FIG. 3 is a circuit diagram showing a current mirror circuit according to a third embodiment of the present invention. In FIG. 3, the present embodiment has a circuit configuration in which the PNP transistors 1 and 2 of FIG. 1 are NPN transistors 1'and 2'and the N-channel MOS transistor 4 is a P-channel MOS transistor 4 '. This operation is similar to that of FIG.

FIG. 4 is a circuit diagram showing a current mirror circuit according to a fourth embodiment of the present invention.

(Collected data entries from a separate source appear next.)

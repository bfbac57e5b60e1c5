-- ===== src/Deployment/Retention/Kept.antt =====
-- Which releases `cleanupOldReleases` of apps/worker/src/deployment/retention.js leaves alone.
use mathlib.Core.List.{Memᴰ}
use hello_deploy.Prelude.{
  ap, max, ℕ, zero, suc, ◌≤◌, ◌≡◌, refl, arith, true, leb, Bool-cases, inl, inr, Option, List, [],
  ◌∷◌, take, drop, keep_if, length, All, All-at, drop_mem, keep_if_mem, keep_if_passes,
}
use hello_deploy.Deployment.Retention.{
  Release, insert_desc, sort_desc, is_healthy_of, healthy_releases, is_not, to_clean,
  release_keep_count,
}

abbrev pub NoNewer : Release → Release → Type 0
NoNewer r x = x.sequence_number ≤ r.sequence_number

abbrev pub IsDesc : List Release → Type 0
IsDesc [] = Unit
IsDesc (x ∷ xs) = All (NoNewer x) xs × IsDesc xs

module _ {κ} (P : Release → Type κ) where
  All-insert_desc : (r : Release) (xs : List Release) → P r → All P xs → All P (insert_desc r xs)
  unfolding insert_desc
  All-insert_desc r [] p h = (p, tt)
  All-insert_desc r (x ∷ xs) p (q, h) =
      elim (Bool-cases (leb x.sequence_number r.sequence_number)) [
        | inl le ↦ rw le (p, (q, h))
        | inr gt ↦ rw gt (q, All-insert_desc r xs p h)
      ]

  All-sort_desc : (xs : List Release) → All P xs → All P (sort_desc xs)
  unfolding sort_desc
  All-sort_desc [] h = tt
  All-sort_desc (x ∷ xs) (p, h) = All-insert_desc x (sort_desc xs) p (All-sort_desc xs h)

All-NoNewer :
    (r x : Release) (xs : List Release) → NoNewer r x → All (NoNewer x) xs → All (NoNewer r) xs
All-NoNewer r x [] p h = tt
All-NoNewer r x (y ∷ ys) p (q, h) = (omega arith, All-NoNewer r x ys p h)

insert_desc-IsDesc : (r : Release) (xs : List Release) → IsDesc xs → IsDesc (insert_desc r xs)
unfolding insert_desc
insert_desc-IsDesc r [] h = (tt, tt)
insert_desc-IsDesc r (x ∷ xs) (p, h) = elim (Bool-cases (leb x.sequence_number r.sequence_number)) [
  | inl le ↦ let q : NoNewer r x = ground arith in rw le ((q, All-NoNewer r x xs q p), (p, h))
  | inr gt ↦ rw gt (All-insert_desc (NoNewer x) r xs (ground arith) p, insert_desc-IsDesc r xs h)
]

sort_desc-IsDesc : (xs : List Release) → IsDesc (sort_desc xs)
unfolding sort_desc
sort_desc-IsDesc [] = tt
sort_desc-IsDesc (x ∷ xs) = insert_desc-IsDesc x (sort_desc xs) (sort_desc-IsDesc xs)

-- What is dropped from a descending list is no newer than what is taken, and then the whole
-- number was taken.
take_newer :
    (n : ℕ) (xs : List Release) (r : Release)
    → IsDesc xs
    → Memᴰ r (drop n xs)
    → (length (take n xs) ≡ n) × All (λ k. NoNewer k r) (take n xs)
take_newer zero xs r h m = (refl, tt)
take_newer (suc n) [] r h m = elim m [ ]
take_newer (suc n) (x ∷ xs) r (p, h) m =
    let (l, a) = take_newer n xs r h m in (ap suc l, (All-at (NoNewer x) xs p (drop_mem n xs m), a))

-- A release that is cleaned is a healthy release of the project, is not its active one, and comes
-- after as many healthy releases as the quota keeps (at least one), each with a sequence number no
-- smaller than its own.
pub to_clean_old :
    (project : ℕ) (active : Option ℕ) (quota : ℕ) (records : List Release) (r : Release)
    → Memᴰ r (to_clean project active (release_keep_count quota) records)
    → (is_healthy_of project r ≡ true)
      × (is_not active r ≡ true)
      × (1 ≤ release_keep_count quota)
      × (quota ≤ release_keep_count quota)
      × (length (take (release_keep_count quota) (healthy_releases project records))
          ≡ release_keep_count quota)
      × All
          (λ k. r.sequence_number ≤ k.sequence_number)
          (take (release_keep_count quota) (healthy_releases project records))
unfolding to_clean healthy_releases release_keep_count
to_clean_old project active quota records r m =
    let h = keep_if (is_healthy_of project) records in
    let (late, other) = keep_if_mem (is_not active) (drop (max 1 quota) (sort_desc h)) m in
    let (full, newer) = take_newer (max 1 quota) (sort_desc h) r (sort_desc-IsDesc h) late in
    let healthy =
      All-at (λ x. is_healthy_of project x ≡ true) (sort_desc h)
        (All-sort_desc (λ x. is_healthy_of project x ≡ true) h
          (keep_if_passes (is_healthy_of project) records))
        (drop_mem (max 1 quota) (sort_desc h) late) in
    (healthy, other, omega arith, omega arith, full, newer)
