-- ===== src/Deployment/Retention/Safety/Queries.antt =====
-- The queries of apps/worker/src/deployment/retention.js about who uses an image, after a record of
-- a release to be cleaned was changed.
use mathlib.Core.List.{Memᴰ}
use hello_deploy.Prelude.{
  ℕ, ◌≡◌, refl, arith, true, false, ◌==◌, ==_iff, Bool-cases, inl, inr, Option, none, some, List,
  [], ◌∷◌, map, includes, includes-cons, ℕ_eq, beq_refl, Text, Text-eq,
}
use hello_deploy.Deployment.Retention.{
  Release, uses, is_image_tag_in_use, is_image_digest_in_use, forget_identity, drop_container, ids,
}

pub includes-ids :
    (dep : Release) (old : List Release) → Memᴰ dep old → includes (ids old) dep.id ≡ true
includes-ids dep [] m = elim m [ ]
includes-ids dep (x ∷ xs) (Memᴰ.head e) = ground (arith, beq_refl {A = ℕ} x.id)
includes-ids dep (x ∷ xs) (Memᴰ.tail m) = includes-cons x.id dep.id (ids xs) (includes-ids dep xs m)

uses_excluded :
    (field : Release → Option Text) (exclude : List ℕ) (t : Text) (r : Release)
    → includes exclude r.id ≡ true
    → uses field exclude t r ≡ false
uses_excluded field exclude t r x = rw x

-- Clearing the identity of an excluded record changes no query.
module _ (exclude : List ℕ) (id : ℕ) (x : includes exclude id ≡ true) where
  same_id : (r : Release) → (r.id == id) ≡ true → includes exclude r.id ≡ true
  same_id r e = rw ((==_iff r.id id).0 e) x

  pub tag_forgotten :
      (t : Text) (rs : List Release)
      → is_image_tag_in_use (map (forget_identity id) rs) t exclude
        ≡ is_image_tag_in_use rs t exclude
  unfolding is_image_tag_in_use
  tag_forgotten t [] = refl
  tag_forgotten t (r ∷ rs) = elim (Bool-cases (r.id == id)) [
    | inl e ↦ rw (e, same_id r e) (tag_forgotten t rs)
    | inr e ↦ rw (e, tag_forgotten t rs)
  ]

  pub digest_forgotten :
      (d : Option Text) (rs : List Release)
      → is_image_digest_in_use (map (forget_identity id) rs) d exclude
        ≡ is_image_digest_in_use rs d exclude
  unfolding is_image_digest_in_use
  digest_forgotten none rs = refl
  digest_forgotten (some t) [] = refl
  digest_forgotten (some t) (r ∷ rs) = elim (Bool-cases (r.id == id)) [
    | inl e ↦ rw (e, same_id r e) (digest_forgotten (some t) rs)
    | inr e ↦ rw (e, digest_forgotten (some t) rs)
  ]

-- Nor does clearing a container.
module _ (exclude : List ℕ) (id : ℕ) where
  pub tag_dropped :
      (t : Text) (rs : List Release)
      → is_image_tag_in_use (map (drop_container id) rs) t exclude
        ≡ is_image_tag_in_use rs t exclude
  unfolding is_image_tag_in_use
  tag_dropped t [] = refl
  tag_dropped t (r ∷ rs) = elim (Bool-cases (r.id == id)) [
    | inl e ↦ rw (e, tag_dropped t rs)
    | inr e ↦ rw (e, tag_dropped t rs)
  ]

  pub digest_dropped :
      (d : Option Text) (rs : List Release)
      → is_image_digest_in_use (map (drop_container id) rs) d exclude
        ≡ is_image_digest_in_use rs d exclude
  unfolding is_image_digest_in_use
  digest_dropped none rs = refl
  digest_dropped (some t) [] = refl
  digest_dropped (some t) (r ∷ rs) = elim (Bool-cases (r.id == id)) [
    | inl e ↦ rw (e, digest_dropped (some t) rs)
    | inr e ↦ rw (e, digest_dropped (some t) rs)
  ]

In FIG. 4, the present embodiment has a circuit configuration in which the PNP type transistors 1 and 2 in the circuit of FIG. 2 are NPN type transistors 1'and 2'and the N channel type is a P channel type MOS transistor 4 '. is there. This operation is similar to that of FIG.

[0014]

As described above, the present invention has the effect of eliminating the influence of the base current of the transistor for compensating the base current of the current mirror by using the structure for reducing the base current.

[Brief description of drawings]

FIG. 1 is a circuit diagram showing a current mirror circuit according to a first embodiment of the present invention.

FIG. 2 is a circuit diagram of a second embodiment of the present invention.

FIG. 3 is a circuit diagram of a third embodiment of the present invention.

FIG. 4 is a circuit diagram of a fourth embodiment of the present invention.

FIG. 5 is a circuit diagram showing a conventional current mirror circuit.

[Explanation of symbols]

 1, 2 PNP type transistor 1 ′, 2 ′ NPN type transistor 3 NPN type transistor 4 NMOS transistor 4 ′ PMOS transistor 5 High potential side power source 6 Constant voltage source 7 Output terminal 8, 9 Resistor 10 Low potential side power source 11 Input terminal

Claims (4)

[Claims] 1. The bases of the first and second transistors are commonly connected to each other, the emitters thereof are both connected to a first constant potential source, and the collector of the second transistor serves as an output terminal. A collector of the transistor is used as an input terminal, a constant voltage source is connected between the input terminal and a second constant potential source, a drain or a source is a common connection point between the bases, and a gate is the input terminal. A current mirror circuit comprising field effect transistors each having a source or a drain connected to the second constant potential source. 2. The current mirror circuit according to claim 1, wherein the emitters of the first and second transistors are respectively connected to the first constant potential source via resistors. Current mirror circuit. 3. The current mirror circuit according to claim 1, wherein the first and second transistors are PNP type, and the field effect transistor is an N channel type. 4. The current mirror circuit according to claim 1, wherein the first and second transistors are NPN type and the field effect transistors are P channel type.